Court Opinion

ID: 9963655
Source: CourtListenerOpinion
Date Created: 2024-04-26 01:08:09.601884+00
Date Added: 2024-06-11T08:24:55.584818
License: Public Domain

Stringer v Kim (2024 NY Slip Op 02265)

Stringer v Kim

2024 NY Slip Op 02265

Decided on April 25, 2024

Appellate Division, First Department

Published by New York State Law Reporting Bureau pursuant to Judiciary Law § 431.

This opinion is uncorrected and subject to revision before publication in the Official Reports.

Decided and Entered: April 25, 2024

Before: Webber, J.P., Friedman, González, Rosado, Michael, JJ. 
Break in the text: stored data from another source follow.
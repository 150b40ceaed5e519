-- ===== src/Networking/Inbox.antt =====
-- Networking/IPv4/Inbox/inbox.c: the bytes that wait on each socket, a circular buffer for each
-- slot of the lock box. The five parallel arrays are one array of records here, and each call also
-- takes and returns the lock box that it calls.
pub mod Buffer
pub mod Counts
pub mod Stream
pub mod Session
pub mod Frame
pub mod Tidy
pub mod Kept
pub mod Claimed
pub mod Reached
mod Examples
use aevros.Base.{
  ℕ, zero, suc, ◌+◌, ◌%◌, Bool, true, false, List, [], ◌∷◌, ltb, leb, ◌==◌, if◌then◌else◌, add16,
  sub16, length, get_or, set, replicate, update_at,
}
use aevros.Networking.LockBox
use aevros.Networking.LockBox.{LockBox, capacity, max_buffered, get_generation}

-- Entry `conn_id` of `storage`, `write_pos`, `read_pos`, `count` and `seen_generation`.
pub record Slot : Type 0 where
  pub storage : List ℕ
  pub write_pos : ℕ
  pub read_pos : ℕ
  pub count : ℕ
  pub seen_generation : ℕ

-- The zeroed arrays.
abbrev pub blank : Slot
blank = record {
  storage = replicate max_buffered 0;
  write_pos = 0;
  read_pos = 0;
  count = 0;
  seen_generation = 0;
}

abbrev pub slot_at : ℕ → List Slot → Slot
slot_at id boxes = get_or boxes id blank

pub reset_if_stale : ℕ → Slot → Slot
reset_if_stale gen x =
    if x.seen_generation == gen
    then x
    else record x { write_pos = 0; read_pos = 0; count = 0; seen_generation = gen }

-- The loop of `inbox_deposit` over the payload.
pub store_loop : List ℕ → Slot → Slot
store_loop [] x = x
store_loop (b ∷ bs) x = store_loop bs (record x {
  storage = set x.storage x.write_pos b;
  write_pos = (x.write_pos + 1) % max_buffered;
})

pub store : List ℕ → Slot → Slot
unfolding store_loop
store payload x =
    let y = store_loop payload x in record y { count = add16 y.count (length payload) }

-- `length` is the length of the payload.
pub deposit : ℕ → List ℕ → LockBox → List Slot → Bool × LockBox × List Slot
unfolding store reset_if_stale
deposit conn_id payload lb boxes =
    if leb capacity conn_id
    then (false, lb, boxes)
    else let fresh = update_at conn_id (reset_if_stale (get_generation conn_id lb)) boxes in
      let (done, lb') = LockBox.deposit conn_id (length payload) lb in
      if done then (true, lb', update_at conn_id (store payload) fresh) else (false, lb', fresh)

-- The loop of `inbox_read`, for `n` rounds: the bytes that go to `out`, and the slot.
pub fetch_loop : ℕ → Slot → List ℕ × Slot
fetch_loop zero x = ([], x)
fetch_loop (suc n) x =
    let (bytes, y) = fetch_loop n (record x { read_pos = (x.read_pos + 1) % max_buffered }) in
    (get_or x.storage x.read_pos 0 ∷ bytes, y)

abbrev pub to_read : ℕ → Slot → ℕ
to_read max_len x = if ltb max_len x.count then max_len else x.count

pub fetch : ℕ → Slot → List ℕ × Slot
unfolding fetch_loop
fetch max_len x =
    let n = to_read max_len x in
    let (bytes, y) = fetch_loop n x in (bytes, record y { count = sub16 y.count n })

-- The bytes that go to `out`; the `uint16_t` returned is their number.
pub read : ℕ → ℕ → LockBox → List Slot → List ℕ × LockBox × List Slot
unfolding fetch reset_if_stale
read conn_id max_len lb boxes =
    if leb capacity conn_id
    then ([], lb, boxes)
    else let fresh = update_at conn_id (reset_if_stale (get_generation conn_id lb)) boxes in
      let n = to_read max_len (slot_at conn_id fresh) in
      (
        (fetch max_len (slot_at conn_id fresh)).0,
        (if ltb 0 n then LockBox.consume conn_id n lb else lb),
        update_at conn_id (λ x. (fetch max_len x).1) fresh,
      )

pub available : ℕ → LockBox → List Slot → ℕ × List Slot
unfolding reset_if_stale
available conn_id lb boxes =
    if leb capacity conn_id
    then (0, boxes)
    else let fresh = update_at conn_id (reset_if_stale (get_generation conn_id lb)) boxes in
      ((slot_at conn_id fresh).count, fresh)
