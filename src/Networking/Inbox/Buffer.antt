-- ===== src/Networking/Inbox/Buffer.antt =====
-- One slot of the inbox is a byte queue of at most 4096 bytes.
use aevros.Base.{
  ℕ, zero, suc, ◌+◌, ◌-◌, ◌%◌, ◌≤◌, ◌<◌, ◌≡◌, refl, ◌∙◌, sym, ap, List, [], ◌∷◌, ◌++◌, append-nil,
  append_assoc, arith, add16, sub16, length, set, take, drop, take_all, drop_all, subst, window,
  length-window, window-set_end, window-drop, window-take, length-set,
}
use aevros.Networking.LockBox.{max_buffered}
use aevros.Networking.Inbox.{Slot, store, store_loop, fetch, fetch_loop, to_read}

-- The bytes that wait, oldest first.
abbrev pub contents : Slot → List ℕ
contents x = window max_buffered 0 x.storage x.read_pos x.count

pub record IsRing (x : Slot) : Type 0 where
  pub room : max_buffered ≤ length x.storage
  pub read_in : x.read_pos < max_buffered
  pub full : x.count ≤ max_buffered
  pub tail : x.write_pos ≡ (x.read_pos + x.count) % max_buffered

-- The loop writes behind the `n` bytes that wait, and moves nothing else.
record Stored (x : Slot) (n : ℕ) (bytes : List ℕ) (y : Slot) : Type 0 where
  bytes_end :
      window max_buffered 0 y.storage x.read_pos (n + length bytes)
      ≡ window max_buffered 0 x.storage x.read_pos n ++ bytes
  room : max_buffered ≤ length y.storage
  tail : y.write_pos ≡ (x.read_pos + (n + length bytes)) % max_buffered
  same_read : y.read_pos ≡ x.read_pos
  same_count : y.count ≡ x.count
  same_seen : y.seen_generation ≡ x.seen_generation

store_loop-Stored :
    (bytes : List ℕ) (x : Slot) (n : ℕ)
    → max_buffered ≤ length x.storage
    → x.read_pos < max_buffered
    → n + length bytes ≤ max_buffered
    → x.write_pos ≡ (x.read_pos + n) % max_buffered
    → Stored x n bytes (store_loop bytes x)
unfolding store_loop
store_loop-Stored [] x n room low fits tail = record {
  bytes_end = let e : n + 0 ≡ n = omega arith in rw (e, append-nil);
  room = room;
  tail = omega arith;
  same_read = refl;
  same_count = refl;
  same_seen = refl;
}
store_loop-Stored (b ∷ bs) x n room low fits tail =
    let x' : Slot = record x {
      storage = set x.storage x.write_pos b;
      write_pos = (x.write_pos + 1) % max_buffered;
    } in
    let ih =
      store_loop-Stored bs x' (n + 1) (omega (arith, length-set x.storage x.write_pos b)) low
        (omega arith) (omega arith) in
    let one =
      window-set_end max_buffered 0 x.storage b n x.read_pos x.write_pos room low (omega arith)
        tail in
    record {
      bytes_end =
          let more : n + suc (length bs) ≡ n + 1 + length bs = omega arith in
          let next : n + 1 ≡ suc n = omega arith in
          let here = window max_buffered 0 x.storage x.read_pos n in
          rw more (
            ih.bytes_end
            ∙ ap (λ k. window max_buffered 0 x'.storage x.read_pos k ++ bs) next
            ∙ ap (λ w. w ++ bs) one
            ∙ append_assoc here (b ∷ []) bs);
      room = ih.room;
      tail = omega (arith, ih.tail);
      same_read = ih.same_read;
      same_count = ih.same_count;
      same_seen = ih.same_seen;
    }

-- Storing what fits appends it.
pub store_lem :
    (payload : List ℕ) (x : Slot)
    → IsRing x
    → x.count + length payload ≤ max_buffered
    → (contents (store payload x) ≡ contents x ++ payload)
      × IsRing (store payload x)
      × ((store payload x).count ≡ x.count + length payload)
      × ((store payload x).seen_generation ≡ x.seen_generation)
unfolding store
store_lem payload x r fits =
    let st = store_loop-Stored payload x x.count r.room r.read_in fits r.tail in
    let total : add16 (store_loop payload x).count (length payload) ≡ x.count + length payload =
      omega (arith, st.same_count) in
    (
      rw (total, st.same_read) st.bytes_end,
      record {
        room = st.room;
        read_in = omega (arith, st.same_read, r.read_in);
        full = omega arith;
        tail = omega (arith, st.tail, st.same_read);
      },
      total,
      st.same_seen,
    )

fetch_loop_lem :
    (n : ℕ) (x : Slot)
    → x.read_pos < max_buffered
    → fetch_loop n x ≡ (
      window max_buffered 0 x.storage x.read_pos n,
      record x { read_pos = (x.read_pos + n) % max_buffered },
    )
unfolding fetch_loop
fetch_loop_lem zero x h =
    let e : (x.read_pos + 0) % max_buffered ≡ x.read_pos = omega arith in
    λ i. ([], record x { read_pos = sym e i })
fetch_loop_lem (suc n) x h =
    let x' : Slot = record x { read_pos = (x.read_pos + 1) % max_buffered } in
    let e : (x'.read_pos + n) % max_buffered ≡ (x.read_pos + suc n) % max_buffered = omega arith in
    let ih = fetch_loop_lem n x' (omega arith) in ground (arith, ih, e)

pub length-contents : (x : Slot) → length (contents x) ≡ x.count
length-contents x = length-window max_buffered 0 x.storage x.read_pos x.count

abbrev fetched : ℕ → Slot → Slot
fetched n x = record x { read_pos = (x.read_pos + n) % max_buffered; count = x.count - n }

fetch_shape :
    (max_len : ℕ) (x : Slot)
    → IsRing x
    → fetch max_len x ≡ (
      window max_buffered 0 x.storage x.read_pos (to_read max_len x),
      fetched (to_read max_len x) x,
    )
unfolding fetch
fetch_shape max_len x r =
    let below : to_read max_len x ≤ x.count = ground arith in
    let left : sub16 x.count (to_read max_len x) ≡ x.count - to_read max_len x = omega arith in
    ground (arith, fetch_loop_lem (to_read max_len x) x r.read_in, left)

fetched-IsRing : (n : ℕ) (x : Slot) → IsRing x → n ≤ x.count → IsRing (fetched n x)
fetched-IsRing n x r h = record {
  room = r.room;
  read_in = omega arith;
  full = omega (arith, r.full);
  tail = omega (arith, r.tail);
}

-- Asking for more than is there takes all.
take-to_read :
    (max_len : ℕ) (x : Slot) → take (to_read max_len x) (contents x) ≡ take max_len (contents x)
take-to_read max_len x =
    ground (arith, length-contents x, take_all max_len (contents x), take_all x.count (contents x))

drop-to_read :
    (max_len : ℕ) (x : Slot) → drop (to_read max_len x) (contents x) ≡ drop max_len (contents x)
drop-to_read max_len x =
    ground (arith, length-contents x, drop_all max_len (contents x), drop_all x.count (contents x))

-- Fetching takes the oldest bytes, as many as are asked for and there.
pub fetch_lem :
    (max_len : ℕ) (x : Slot)
    → IsRing x
    → ((fetch max_len x).0 ≡ take max_len (contents x))
      × (contents (fetch max_len x).1 ≡ drop max_len (contents x))
      × IsRing (fetch max_len x).1
      × ((fetch max_len x).1.count ≡ x.count - to_read max_len x)
      × ((fetch max_len x).1.seen_generation ≡ x.seen_generation)
fetch_lem max_len x r =
    let shape = fetch_shape max_len x r in
    let n = to_read max_len x in
    let rest = x.count - n in
    let whole : n + rest ≡ x.count = ground arith in
    let all = contents x in
    let part : window max_buffered 0 x.storage x.read_pos n ≡ take n all =
      window-take max_buffered 0 x.storage n rest x.read_pos
      ∙ ap (λ k. take n (window max_buffered 0 x.storage x.read_pos k)) whole in
    let left : contents (fetched n x) ≡ drop n all =
      window-drop max_buffered 0 x.storage n rest x.read_pos ((x.read_pos + n) % max_buffered)
        r.read_in refl
      ∙ ap (λ k. drop n (window max_buffered 0 x.storage x.read_pos k)) whole in
    let counted = length-contents x in
    (
      ap (λ p. p.0) shape ∙ part ∙ take-to_read max_len x,
      ap (λ p. contents p.1) shape ∙ left ∙ drop-to_read max_len x,
      subst (λ p. IsRing p.1) (sym shape) (fetched-IsRing n x r (ground arith)),
      ap (λ p. p.1.count) shape,
      ap (λ p. p.1.seen_generation) shape,
    )
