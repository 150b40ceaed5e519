-- ===== src/Networking/Inbox/Counts.antt =====
-- What a socket's inbox and the lock box count of it.
use aevros.Base.{
  ℕ, ◌+◌, ◌-◌, ◌^◌, ◌≤◌, ◌<◌, ◌≡◌, refl, ◌&&◌, List, arith, ltb, leb, if◌then◌else◌, length,
  get_elem?-some, get_elem?-update_self, length-update_at,
}
use aevros.Networking.LockBox
use aevros.Networking.LockBox.{
  LockBox, Entry, capacity, max_buffered, get_generation, buffered_at, in_use_at, set_buffered,
}
use aevros.Networking.Inbox.{Slot, slot_at, reset_if_stale}
use aevros.Networking.Inbox.Buffer.{contents, IsRing}

-- The slot as the next call sees it.
abbrev pub current : ℕ → LockBox → List Slot → Slot
current id lb boxes = reset_if_stale (get_generation id lb) (slot_at id boxes)

-- The bytes that wait on a socket.
abbrev pub waiting : ℕ → LockBox → List Slot → List ℕ
waiting id lb boxes = contents (current id lb boxes)

-- Both sides have the socket in range, and count the same bytes.
pub record Agrees (id : ℕ) (lb : LockBox) (boxes : List Slot) : Type 0 where
  pub below : id < capacity
  pub sized : length lb.table ≡ capacity
  pub slots : length boxes ≡ capacity
  pub ring : IsRing (current id lb boxes)
  pub counted : (current id lb boxes).count ≡ buffered_at id lb

-- What `lockbox_deposit` and `lockbox_consume` do to the counts, for a slot in range.
module _ (id : ℕ) (lb : LockBox) (below : id < capacity) (sized : length lb.table ≡ capacity) where
  pub buffered_at-set_buffered : (n : ℕ) → buffered_at id (set_buffered id n lb) ≡ n
  buffered_at-set_buffered n =
      let (e, here) = get_elem?-some id lb.table (omega arith) in
      let there =
        get_elem?-update_self id (λ (x : Entry). record x { buffered_bytes = n }) lb.table in
      ground (arith, here, there)

  pub in_use_at-set_buffered : (n : ℕ) → in_use_at id (set_buffered id n lb) ≡ in_use_at id lb
  in_use_at-set_buffered n =
      let (e, here) = get_elem?-some id lb.table (omega arith) in
      let there =
        get_elem?-update_self id (λ (x : Entry). record x { buffered_bytes = n }) lb.table in
      ground (arith, here, there)

  pub consumed :
      (n : ℕ)
      → let lb' = (if ltb 0 n then LockBox.consume id n lb else lb) in
        (get_generation id lb' ≡ get_generation id lb)
        × (length lb'.table ≡ capacity)
        × (buffered_at id lb' ≡ buffered_at id lb - n)
  unfolding LockBox.consume get_generation
  consumed n =
      let zeroed = buffered_at-set_buffered 0 in
      let less = buffered_at-set_buffered (buffered_at id lb - n) in
      let long =
        λ (k : ℕ). length-update_at id (λ (x : Entry). record x { buffered_bytes = k }) lb.table in
      (
        ground arith,
        ground (arith, sized, long 0, long (buffered_at id lb - n)),
        ground (arith, below, zeroed, less),
      )

  pub generation-set_buffered :
      (n : ℕ) → get_generation id (set_buffered id n lb) ≡ get_generation id lb
  unfolding get_generation
  generation-set_buffered n = refl

  -- When the lock box takes a deposit.
  pub deposit-taken :
      (n : ℕ)
      → buffered_at id lb ≤ max_buffered
      → n < 2 ^ 16
      → (LockBox.deposit id n lb).0 ≡ (in_use_at id lb && leb (buffered_at id lb + n) max_buffered)
  unfolding LockBox.deposit
  deposit-taken n h short = ground (arith, below)

-- A slot that is current stays so.
pub reset-reset : (g : ℕ) (x : Slot) → (reset_if_stale g x).seen_generation ≡ g
unfolding reset_if_stale
reset-reset g x = ground arith

pub reset_current : (g : ℕ) (x : Slot) → x.seen_generation ≡ g → reset_if_stale g x ≡ x
unfolding reset_if_stale
reset_current g x h = ground arith
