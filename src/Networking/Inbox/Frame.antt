-- ===== src/Networking/Inbox/Frame.antt =====
-- What a call on one socket leaves of the others.
use aevros.Base.{
  ℕ, zero, suc, ◌-◌, ◌≤◌, ◌<◌, ◌≡◌, ◌≢◌, refl, ap, ◌∙◌, true, false, List, [], ◌∷◌, arith, add32,
  length, length-update_at, get_or-update_self, get_or-update_ne, get_elem?-update_ne, update_at,
  leb,
}
use aevros.Networking.LockBox
use aevros.Networking.LockBox.{
  LockBox, Entry, capacity, max_per_ip, is_free, claim, take_slot, get_generation, buffered_at,
  set_buffered, find_connection, count_for_ip,
}
use aevros.Networking.Inbox.{
  Slot, slot_at, blank, store, store_loop, fetch, fetch_loop, to_read, reset_if_stale, deposit,
  read,
}
use aevros.Networking.Inbox.Counts.{reset-reset}

-- The socket `j` has the same bytes counted, the same generation and the same buffer.
pub record Same (j : ℕ) (lb lb' : LockBox) (boxes boxes' : List Slot) : Type 0 where
  pub buffered : buffered_at j lb' ≡ buffered_at j lb
  pub generation : get_generation j lb' ≡ get_generation j lb
  pub slot : slot_at j boxes' ≡ slot_at j boxes

-- The sizes of the arrays.
pub record Sized (lb : LockBox) (boxes : List Slot) : Type 0 where
  pub table : length lb.table ≡ capacity
  pub gens : length lb.generation ≡ capacity
  pub slots : length boxes ≡ capacity

buffered_other :
    (i j n : ℕ) (lb : LockBox) → i ≢ j → buffered_at j (set_buffered i n lb) ≡ buffered_at j lb
buffered_other i j n lb ne =
    ground
      (arith, get_elem?-update_ne i j (λ (e : Entry). record e { buffered_bytes = n }) lb.table ne)

pub deposit-Same :
    (i j : ℕ) (payload : List ℕ) (lb : LockBox) (boxes : List Slot)
    → i ≢ j
    → Same j lb (deposit i payload lb boxes).1 boxes (deposit i payload lb boxes).2
unfolding deposit LockBox.deposit get_generation
deposit-Same i j payload lb boxes ne =
    let reset = reset_if_stale (get_generation i lb) in
    let once = get_or-update_ne i j reset boxes blank ne in
    let twice = get_or-update_ne i j (store payload) (update_at i reset boxes) blank ne in
    let other = buffered_other i j (add32 (buffered_at i lb) (length payload)) lb ne in
    record {
      buffered = ground (arith, other);
      generation = ground arith;
      slot = ground (arith, once, twice);
    }

pub read-Same :
    (i j n : ℕ) (lb : LockBox) (boxes : List Slot)
    → i ≢ j
    → Same j lb (read i n lb boxes).1 boxes (read i n lb boxes).2
unfolding read LockBox.consume get_generation
read-Same i j n lb boxes ne =
    let reset = reset_if_stale (get_generation i lb) in
    let once = get_or-update_ne i j reset boxes blank ne in
    let twice = get_or-update_ne i j (λ x. (fetch n x).1) (update_at i reset boxes) blank ne in
    let m = to_read n (slot_at i (update_at i reset boxes)) in
    record {
      buffered =
          ground
            (arith, buffered_other i j 0 lb ne, buffered_other i j (buffered_at i lb - m) lb ne);
      generation = ground arith;
      slot = ground (arith, once, twice);
    }

-- A call beyond the table changes nothing.
pub deposit_beyond :
    (i : ℕ) (payload : List ℕ) (lb : LockBox) (boxes : List Slot)
    → capacity ≤ i
    → deposit i payload lb boxes ≡ (false, lb, boxes)
unfolding deposit
deposit_beyond i payload lb boxes far =
    let e : leb capacity i ≡ true = ground (arith, far) in rw e refl

pub read_beyond :
    (i n : ℕ) (lb : LockBox) (boxes : List Slot)
    → capacity ≤ i
    → read i n lb boxes ≡ ([], lb, boxes)
unfolding read
read_beyond i n lb boxes far = let e : leb capacity i ≡ true = ground (arith, far) in rw e refl

-- The loops keep the generation that the slot has seen.
store_loop-seen : (bs : List ℕ) (x : Slot) → (store_loop bs x).seen_generation ≡ x.seen_generation
unfolding store_loop
store_loop-seen [] x = refl
store_loop-seen (b ∷ bs) x = store_loop-seen bs _

store-seen : (bs : List ℕ) (x : Slot) → (store bs x).seen_generation ≡ x.seen_generation
unfolding store
store-seen bs x = store_loop-seen bs x

fetch_loop-seen : (n : ℕ) (x : Slot) → (fetch_loop n x).1.seen_generation ≡ x.seen_generation
unfolding fetch_loop
fetch_loop-seen zero x = refl
fetch_loop-seen (suc n) x = fetch_loop-seen n _

fetch-seen : (n : ℕ) (x : Slot) → (fetch n x).1.seen_generation ≡ x.seen_generation
unfolding fetch
fetch-seen n x = fetch_loop-seen (to_read n x) x

-- After a call the slot has seen the generation.
module _ (i : ℕ) (lb : LockBox) (boxes : List Slot) (low : i < capacity)
    (slots : length boxes ≡ capacity) where
  abbrev fresh : List Slot
  fresh = update_at i (reset_if_stale (get_generation i lb)) boxes

  fresh-seen : (slot_at i fresh).seen_generation ≡ get_generation i lb
  fresh-seen =
      ap (λ (x : Slot). x.seen_generation)
        (get_or-update_self i (reset_if_stale (get_generation i lb)) boxes blank
          (omega (arith, low, slots)))
      ∙ reset-reset (get_generation i lb) (slot_at i boxes)

  worked-seen :
      (f : Slot → Slot)
      → ((x : Slot) → (f x).seen_generation ≡ x.seen_generation)
      → (slot_at i (update_at i f fresh)).seen_generation ≡ get_generation i lb
  worked-seen f keeps =
      ap (λ (x : Slot). x.seen_generation)
        (get_or-update_self i f fresh blank (
          omega
            (arith, low, slots, length-update_at i (reset_if_stale (get_generation i lb)) boxes)))
      ∙ (keeps (slot_at i fresh) ∙ fresh-seen)

  pub deposit-seen :
      (payload : List ℕ)
      → (slot_at i (deposit i payload lb boxes).2).seen_generation ≡ get_generation i lb
  unfolding deposit
  deposit-seen payload =
      ground (arith, low, fresh-seen, worked-seen (store payload) (store-seen payload))

  pub read-seen : (n : ℕ) → (slot_at i (read i n lb boxes).2).seen_generation ≡ get_generation i lb
  unfolding read
  read-seen n = ground (arith, low, worked-seen (λ x. (fetch n x).1) (fetch-seen n))

-- No deposit or read changes a generation or a size.
pub deposit-generation :
    (i j : ℕ) (payload : List ℕ) (lb : LockBox) (boxes : List Slot)
    → get_generation j (deposit i payload lb boxes).1 ≡ get_generation j lb
unfolding deposit LockBox.deposit get_generation
deposit-generation i j payload lb boxes = ground arith

pub read-generation :
    (i j n : ℕ) (lb : LockBox) (boxes : List Slot)
    → get_generation j (read i n lb boxes).1 ≡ get_generation j lb
unfolding read LockBox.consume get_generation
read-generation i j n lb boxes = ground arith

pub deposit-Sized :
    (i : ℕ) (payload : List ℕ) (lb : LockBox) (boxes : List Slot)
    → Sized lb boxes
    → Sized (deposit i payload lb boxes).1 (deposit i payload lb boxes).2
unfolding deposit LockBox.deposit
deposit-Sized i payload lb boxes z =
    let reset = reset_if_stale (get_generation i lb) in
    let n = add32 (buffered_at i lb) (length payload) in
    let once = length-update_at i reset boxes in
    let twice = length-update_at i (store payload) (update_at i reset boxes) in
    let rows = length-update_at i (λ (e : Entry). record e { buffered_bytes = n }) lb.table in
    record {
      table = ground (arith, z.table, rows);
      gens = ground (arith, z.gens);
      slots = ground (arith, z.slots, once, twice);
    }

pub read-Sized :
    (i n : ℕ) (lb : LockBox) (boxes : List Slot)
    → Sized lb boxes
    → Sized (read i n lb boxes).1 (read i n lb boxes).2
unfolding read LockBox.consume
read-Sized i n lb boxes z =
    let reset = reset_if_stale (get_generation i lb) in
    let m = to_read n (slot_at i (update_at i reset boxes)) in
    let once = length-update_at i reset boxes in
    let twice = length-update_at i (λ x. (fetch n x).1) (update_at i reset boxes) in
    let rows =
      λ (k : ℕ). length-update_at i (λ (e : Entry). record e { buffered_bytes = k }) lb.table in
    record {
      table = ground (arith, z.table, rows 0, rows (buffered_at i lb - m));
      gens = ground (arith, z.gens);
      slots = ground (arith, z.slots, once, twice);
    }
Index No. 160562/22 Appeal No. 2132 Case No. 2023-04078 

[*1]Scott Stringer, Plaintiff-Appellant,
vJean Kim, Defendant-Respondent.

Walden Macht & Haran LLP, New York (Milton L. Williams, Jr. of counsel), for appellant.
Marc Cohan, New York, for respondent.

Order, Supreme Court, New York County (Richard Latin, J.), entered on or about August 7, 2023, which, among other things, granted defendant's motion to dismiss the complaint as time-barred, unanimously reversed, on the law, without costs, the motion denied, and the matter remanded for a determination of the branch of defendant's motion seeking dismissal pursuant to CPLR 3211(g).
There is no dispute that defendant's original statements concerning plaintiff were made in April 2021, which is more than a year before this action was commenced, and therefore fall outside the statute of limitations pursuant to CPLR 215(3). Thus, the burden shifts to plaintiff to raise an issue of fact as to whether the statute of limitations has been tolled or whether an exception to the limitations period is applicable (see Flintlock Constr. Servs., LLC v Rubin, Fiorella & Friedman, LLP, 188 AD3d 530, 531 [1st Dept 2020]).
Here, plaintiff alleges that defendant republished her original defamatory statements concerning him when a third party, then Congresswoman Maloney, was quoted in a newspaper article making reference to those statements. "Republication, retriggering the period of limitations, occurs upon a separate aggregate publication from the original, on a different occasion, which is not merely a delayed circulation of the original edition" (Firth v State of New York, 98 NY2d 365, 371 [2002] [internal quotation marks omitted]). Retriggering by republication also requires that the original publisher of the statement participate in or approve of the decision to republish the allegedly defamatory statement (see Geraci v Probst, 15 NY3d 336, 342-343 [2010]; Rinaldi v Viking Penguin, 52 NY2d 422, 435 [1981]).
Here, the pleadings as to the proximity in time between the August 3, 2022 Maloney campaign event where defendant was present, and the subsequent August 20, 2022 New York Post article quoting Maloney, raises an issue of fact as to whether defendant had a role in or authorized the decision to make the allegedly defamatory comments (see National Puerto Rican Day Parade, Inc. v Casa Publs., Inc., 79 AD3d 592, 594-595 [1st Dept 2010]).
THIS CONSTITUTES THE DECISION AND ORDER OF THE SUPREME COURT, APPELLATE DIVISION, FIRST DEPARTMENT.